When no one closes the session there is no call to session onClose before publishing the event, and all works fine.

How to fix it

Here are some ways I can propose, From the most concrete to the most general one:

  1. Explicitly pass all parameters to a routine which publishes the event.
  2. Always store the previous id of a session not to lose it. _There is a _pending_session_id field. Why is it needed and why is it wiped the same way?_
  3. Make RouterSession.close fully asyncronous, meaning: wipe the session id after the detaching is finished and events are published.

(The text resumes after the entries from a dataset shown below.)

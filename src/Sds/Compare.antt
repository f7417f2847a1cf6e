-- ===== src/Sds/Compare.antt =====
-- `sdscmp` of redis/src/sds.c. `memcmp` is a parameter, on two sequences of as many bytes as it is given.
use homemade.Prelude.{
  ℕ, zero, suc, ◌≡◌, ◌↔◌, refl, sym, ap, ◌∙◌, List, arith, length, if◌then◌else◌, ltb, false, take,
  length-take,
}
use homemade.Prelude.Int.{ℤ, pos, negsuc, pos_part, neg_part, sub_ℕ}
use homemade.Sds.Ops.{Sds}
use homemade.Sds.Laws.{IsSds, text}

-- `cmp == 0 ? l1 - l2 : cmp`
unfoldable pub or_length : ℤ → ℕ → ℕ → ℤ
or_length (pos zero) l1 l2 = sub_ℕ l1 l2
or_length (pos (suc n)) l1 l2 = pos (suc n)
or_length (negsuc n) l1 l2 = negsuc n

or_length-zero : (cmp : ℤ) (l1 l2 : ℕ) → or_length cmp l1 l2 ≡ pos 0 → (cmp ≡ pos 0) × (l1 ≡ l2)
unfolding or_length
or_length-zero (pos zero) l1 l2 h = (refl, ground (arith, h))
or_length-zero (pos (suc n)) l1 l2 h = absurd (omega (arith, ap pos_part h))
or_length-zero (negsuc n) l1 l2 h = absurd (omega (arith, ap neg_part h))

length-text : (s : Sds) → IsSds s → length (text s) ≡ s.len
length-text s v = length-take s.len s.buf ∙ omega (arith, v.allocated)

module _ (memcmp : List ℕ → List ℕ → ℤ) where
  -- `sdscmp`; the lengths differ by less than 2 ^ 31
  unfoldable pub sds_cmp : Sds → Sds → ℤ
  sds_cmp s1 s2 =
      let minlen = if ltb s1.len s2.len then s1.len else s2.len in
      or_length (memcmp (take minlen s1.buf) (take minlen s2.buf)) s1.len s2.len

  sds_cmp_same :
      (s t : Sds) → s.len ≡ t.len → sds_cmp s t ≡ or_length (memcmp (text s) (text t)) s.len t.len
  unfolding sds_cmp
  sds_cmp_same s t h = let never : ltb s.len t.len ≡ false = ground (arith, h) in rw (never, h) refl

  module _
      (memcmp_law : (a b : List ℕ) → length a ≡ length b → (memcmp a b ≡ pos 0) ↔ (a ≡ b)) where
    -- For a `memcmp` that gives 0 exactly for equal sequences of one length, `sdscmp` of two strings gives 0
    -- exactly where their texts are equal.
    pub sds_cmp_iff : (s t : Sds) → IsSds s → IsSds t → (sds_cmp s t ≡ pos 0) ↔ (text s ≡ text t)
    unfolding sds_cmp or_length
    sds_cmp_iff s t vs vt = (equal, zero_for)
      where
        equal : sds_cmp s t ≡ pos 0 → text s ≡ text t
        equal h =
            let r = or_length-zero _ s.len t.len h in
            let h' = sym (sds_cmp_same s t r.1) ∙ h in
            let z = (or_length-zero _ s.len t.len h').0 in
            (memcmp_law (text s) (text t) (length-text s vs ∙ r.1 ∙ sym (length-text t vt))).0 z

        zero_for : text s ≡ text t → sds_cmp s t ≡ pos 0
        zero_for h =
            let same = sym (length-text s vs) ∙ ap length h ∙ length-text t vt in
            let z = (memcmp_law (text s) (text t) (ap length h)).1 h in
            let none_left : sub_ℕ s.len t.len ≡ pos 0 = ground (arith, same) in
            sds_cmp_same s t same ∙ ap (λ c. or_length c s.len t.len) z ∙ none_left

We could publish the event in onLeave, why not? I see this may be a bad idea because sending meta events are definetely part of detaching...
  4. Make Router.detach fully syncronous, meaning: send all the meta events before the detach is finished,
  5. Do not wipe the session id unless we need to change it.

@oberstet, looking forward to discussing the issue. Hope you answer my questions.